(RECORDS TO PROCESS)

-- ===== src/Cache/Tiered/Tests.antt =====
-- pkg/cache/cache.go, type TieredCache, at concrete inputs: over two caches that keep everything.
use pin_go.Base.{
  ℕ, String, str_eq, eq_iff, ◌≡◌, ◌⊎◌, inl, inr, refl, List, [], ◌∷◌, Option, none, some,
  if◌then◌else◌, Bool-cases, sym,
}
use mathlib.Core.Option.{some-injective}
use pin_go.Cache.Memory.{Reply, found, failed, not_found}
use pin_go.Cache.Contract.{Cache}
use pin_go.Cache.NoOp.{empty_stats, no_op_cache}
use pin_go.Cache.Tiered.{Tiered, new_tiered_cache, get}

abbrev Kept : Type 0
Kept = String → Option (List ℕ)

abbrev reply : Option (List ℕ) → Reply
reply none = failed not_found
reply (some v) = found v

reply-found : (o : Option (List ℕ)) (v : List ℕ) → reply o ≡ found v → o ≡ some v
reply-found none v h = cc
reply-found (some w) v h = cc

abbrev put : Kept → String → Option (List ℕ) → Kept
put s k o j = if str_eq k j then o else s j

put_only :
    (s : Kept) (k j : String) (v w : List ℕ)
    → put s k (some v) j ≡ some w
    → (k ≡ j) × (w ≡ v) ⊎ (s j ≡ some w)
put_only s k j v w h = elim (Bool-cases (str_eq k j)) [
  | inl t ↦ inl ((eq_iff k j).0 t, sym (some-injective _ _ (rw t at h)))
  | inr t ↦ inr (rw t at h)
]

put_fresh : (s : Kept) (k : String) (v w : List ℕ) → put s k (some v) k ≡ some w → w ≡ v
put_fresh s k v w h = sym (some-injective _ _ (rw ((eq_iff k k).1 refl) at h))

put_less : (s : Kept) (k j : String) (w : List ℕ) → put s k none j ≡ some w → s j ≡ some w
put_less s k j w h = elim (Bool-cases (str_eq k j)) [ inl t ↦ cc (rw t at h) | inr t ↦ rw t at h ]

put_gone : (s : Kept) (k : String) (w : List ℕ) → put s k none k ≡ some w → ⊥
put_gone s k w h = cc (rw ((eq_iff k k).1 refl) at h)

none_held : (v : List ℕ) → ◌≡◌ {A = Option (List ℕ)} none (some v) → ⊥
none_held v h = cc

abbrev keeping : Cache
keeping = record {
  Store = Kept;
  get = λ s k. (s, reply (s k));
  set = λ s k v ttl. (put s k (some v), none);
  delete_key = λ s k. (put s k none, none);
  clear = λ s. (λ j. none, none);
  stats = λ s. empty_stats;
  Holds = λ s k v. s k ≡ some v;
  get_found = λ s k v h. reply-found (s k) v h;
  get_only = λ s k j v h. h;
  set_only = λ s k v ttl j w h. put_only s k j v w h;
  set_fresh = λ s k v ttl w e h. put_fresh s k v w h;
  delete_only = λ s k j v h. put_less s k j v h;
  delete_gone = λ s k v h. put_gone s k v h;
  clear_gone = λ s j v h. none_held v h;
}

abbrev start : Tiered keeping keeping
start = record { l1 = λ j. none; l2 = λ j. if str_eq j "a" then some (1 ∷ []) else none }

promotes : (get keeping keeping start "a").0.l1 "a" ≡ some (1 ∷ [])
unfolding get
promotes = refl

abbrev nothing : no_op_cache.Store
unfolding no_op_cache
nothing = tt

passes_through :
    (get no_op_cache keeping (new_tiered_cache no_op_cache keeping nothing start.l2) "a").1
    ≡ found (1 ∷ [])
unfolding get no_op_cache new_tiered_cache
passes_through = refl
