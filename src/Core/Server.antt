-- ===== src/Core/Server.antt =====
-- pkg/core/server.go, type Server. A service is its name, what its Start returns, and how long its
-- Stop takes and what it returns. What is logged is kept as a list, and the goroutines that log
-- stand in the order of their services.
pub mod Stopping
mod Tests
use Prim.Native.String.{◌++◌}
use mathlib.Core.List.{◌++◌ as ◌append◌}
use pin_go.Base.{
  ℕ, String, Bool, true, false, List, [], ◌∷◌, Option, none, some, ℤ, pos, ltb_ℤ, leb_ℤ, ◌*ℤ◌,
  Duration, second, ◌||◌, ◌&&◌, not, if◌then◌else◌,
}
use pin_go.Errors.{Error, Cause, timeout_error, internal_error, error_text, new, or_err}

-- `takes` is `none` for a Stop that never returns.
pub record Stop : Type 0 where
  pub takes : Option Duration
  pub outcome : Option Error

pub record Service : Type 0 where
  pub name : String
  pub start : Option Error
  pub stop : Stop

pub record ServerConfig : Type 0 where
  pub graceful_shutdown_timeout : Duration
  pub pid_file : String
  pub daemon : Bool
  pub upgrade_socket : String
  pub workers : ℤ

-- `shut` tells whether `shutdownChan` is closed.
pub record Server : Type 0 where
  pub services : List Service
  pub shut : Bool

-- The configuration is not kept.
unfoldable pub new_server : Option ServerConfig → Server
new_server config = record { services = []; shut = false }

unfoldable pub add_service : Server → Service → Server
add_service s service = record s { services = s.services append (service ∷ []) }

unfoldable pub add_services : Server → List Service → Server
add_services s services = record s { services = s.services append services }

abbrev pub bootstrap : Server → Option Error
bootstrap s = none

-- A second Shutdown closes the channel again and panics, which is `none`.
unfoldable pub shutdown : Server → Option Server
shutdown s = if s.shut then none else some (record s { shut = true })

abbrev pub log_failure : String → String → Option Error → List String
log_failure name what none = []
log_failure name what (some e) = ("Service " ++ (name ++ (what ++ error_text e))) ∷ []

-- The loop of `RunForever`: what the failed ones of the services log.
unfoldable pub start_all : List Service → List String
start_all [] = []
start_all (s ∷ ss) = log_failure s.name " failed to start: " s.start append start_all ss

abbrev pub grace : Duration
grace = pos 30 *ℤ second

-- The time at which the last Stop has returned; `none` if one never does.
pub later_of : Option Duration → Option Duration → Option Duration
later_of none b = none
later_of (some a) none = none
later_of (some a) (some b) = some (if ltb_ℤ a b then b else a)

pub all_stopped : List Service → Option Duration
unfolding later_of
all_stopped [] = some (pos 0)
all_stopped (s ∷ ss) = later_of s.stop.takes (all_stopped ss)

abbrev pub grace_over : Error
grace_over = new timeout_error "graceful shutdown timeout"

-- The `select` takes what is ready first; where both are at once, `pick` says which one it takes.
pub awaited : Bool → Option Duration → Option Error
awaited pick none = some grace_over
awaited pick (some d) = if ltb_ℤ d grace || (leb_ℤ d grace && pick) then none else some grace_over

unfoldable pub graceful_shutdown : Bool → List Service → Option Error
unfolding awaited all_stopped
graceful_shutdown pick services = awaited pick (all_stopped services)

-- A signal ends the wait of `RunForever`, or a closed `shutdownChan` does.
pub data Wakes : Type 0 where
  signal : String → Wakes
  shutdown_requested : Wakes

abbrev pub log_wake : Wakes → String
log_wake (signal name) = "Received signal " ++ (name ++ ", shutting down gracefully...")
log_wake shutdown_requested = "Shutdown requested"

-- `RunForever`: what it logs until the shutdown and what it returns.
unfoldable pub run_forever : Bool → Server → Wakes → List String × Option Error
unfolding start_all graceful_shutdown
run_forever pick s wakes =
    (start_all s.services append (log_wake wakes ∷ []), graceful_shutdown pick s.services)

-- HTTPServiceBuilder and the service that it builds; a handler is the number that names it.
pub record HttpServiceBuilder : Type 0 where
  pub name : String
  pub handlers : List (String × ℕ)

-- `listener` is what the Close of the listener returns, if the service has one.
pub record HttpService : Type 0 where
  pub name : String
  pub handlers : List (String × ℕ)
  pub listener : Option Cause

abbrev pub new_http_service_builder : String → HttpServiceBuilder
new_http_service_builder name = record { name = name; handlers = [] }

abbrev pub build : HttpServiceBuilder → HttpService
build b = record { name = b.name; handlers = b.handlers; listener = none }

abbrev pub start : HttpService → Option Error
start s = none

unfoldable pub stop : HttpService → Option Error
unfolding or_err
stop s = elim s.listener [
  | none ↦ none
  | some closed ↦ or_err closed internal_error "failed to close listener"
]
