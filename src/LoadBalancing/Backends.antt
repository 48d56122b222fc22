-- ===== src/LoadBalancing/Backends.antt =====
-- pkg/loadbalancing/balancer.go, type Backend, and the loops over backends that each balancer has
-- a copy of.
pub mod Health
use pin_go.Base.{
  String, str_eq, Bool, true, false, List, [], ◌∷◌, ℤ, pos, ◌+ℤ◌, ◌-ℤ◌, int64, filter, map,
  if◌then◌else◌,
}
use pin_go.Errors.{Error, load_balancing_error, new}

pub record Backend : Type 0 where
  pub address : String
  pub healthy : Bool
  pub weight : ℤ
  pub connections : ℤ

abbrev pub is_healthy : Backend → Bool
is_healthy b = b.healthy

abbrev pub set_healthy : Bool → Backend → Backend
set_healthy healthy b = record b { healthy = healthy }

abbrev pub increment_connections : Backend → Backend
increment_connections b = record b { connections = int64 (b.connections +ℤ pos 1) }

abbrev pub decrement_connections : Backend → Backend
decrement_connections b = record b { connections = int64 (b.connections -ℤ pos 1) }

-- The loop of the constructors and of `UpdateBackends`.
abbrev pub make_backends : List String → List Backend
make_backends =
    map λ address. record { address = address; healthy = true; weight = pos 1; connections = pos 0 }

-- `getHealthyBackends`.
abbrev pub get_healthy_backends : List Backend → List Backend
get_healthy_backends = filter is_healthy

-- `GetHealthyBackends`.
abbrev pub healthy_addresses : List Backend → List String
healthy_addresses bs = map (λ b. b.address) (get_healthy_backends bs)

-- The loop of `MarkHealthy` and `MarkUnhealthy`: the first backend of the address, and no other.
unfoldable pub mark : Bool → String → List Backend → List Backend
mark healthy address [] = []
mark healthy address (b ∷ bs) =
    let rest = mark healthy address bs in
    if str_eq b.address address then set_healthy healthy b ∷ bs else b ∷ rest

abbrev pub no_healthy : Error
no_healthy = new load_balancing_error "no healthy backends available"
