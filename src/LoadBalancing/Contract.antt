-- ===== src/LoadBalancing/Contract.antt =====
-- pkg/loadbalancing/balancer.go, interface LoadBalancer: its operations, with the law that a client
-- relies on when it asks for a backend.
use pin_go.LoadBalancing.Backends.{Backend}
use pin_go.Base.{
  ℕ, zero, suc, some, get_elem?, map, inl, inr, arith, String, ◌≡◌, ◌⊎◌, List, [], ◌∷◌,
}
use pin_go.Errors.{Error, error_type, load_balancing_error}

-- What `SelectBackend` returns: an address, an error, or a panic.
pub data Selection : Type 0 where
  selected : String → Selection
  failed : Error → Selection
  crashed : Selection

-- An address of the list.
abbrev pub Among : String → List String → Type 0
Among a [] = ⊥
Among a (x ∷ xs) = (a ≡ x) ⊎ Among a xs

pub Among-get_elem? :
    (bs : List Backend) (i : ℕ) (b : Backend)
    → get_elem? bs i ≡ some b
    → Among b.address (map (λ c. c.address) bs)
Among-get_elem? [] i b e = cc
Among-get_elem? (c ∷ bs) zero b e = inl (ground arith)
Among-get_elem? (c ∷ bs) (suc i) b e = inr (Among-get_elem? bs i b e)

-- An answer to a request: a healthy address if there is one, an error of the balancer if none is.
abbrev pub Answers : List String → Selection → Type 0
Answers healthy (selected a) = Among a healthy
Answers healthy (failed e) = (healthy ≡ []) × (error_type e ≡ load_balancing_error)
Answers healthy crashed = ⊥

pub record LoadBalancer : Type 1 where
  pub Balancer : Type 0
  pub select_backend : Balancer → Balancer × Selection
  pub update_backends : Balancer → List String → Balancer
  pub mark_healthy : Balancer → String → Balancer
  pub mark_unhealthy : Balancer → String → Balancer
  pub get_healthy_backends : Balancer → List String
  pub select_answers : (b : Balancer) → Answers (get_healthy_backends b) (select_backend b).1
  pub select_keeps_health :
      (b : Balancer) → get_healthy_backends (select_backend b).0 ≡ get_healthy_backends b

(End RECORDS TO PROCESS)

EXERCISE PROMPT – Only one stretch of the records above is wanted: the lines between the one holding "bootstrap s = none" and the one holding "log_failure name what (some", inclusive, reproduced exactly.

REPLY TO THE EXERCISE –
bootstrap s = none

-- A second Shutdown closes the channel again and panics, which is `none`.
unfoldable pub shutdown : Server → Option Server
shutdown s = if s.shut then none else some (record s { shut = true })

abbrev pub log_failure : String → String → Option Error → List String
log_failure name what none = []
log_failure name what (some e) = ("Service " ++ (name ++ (what ++ error_text e))) ∷ []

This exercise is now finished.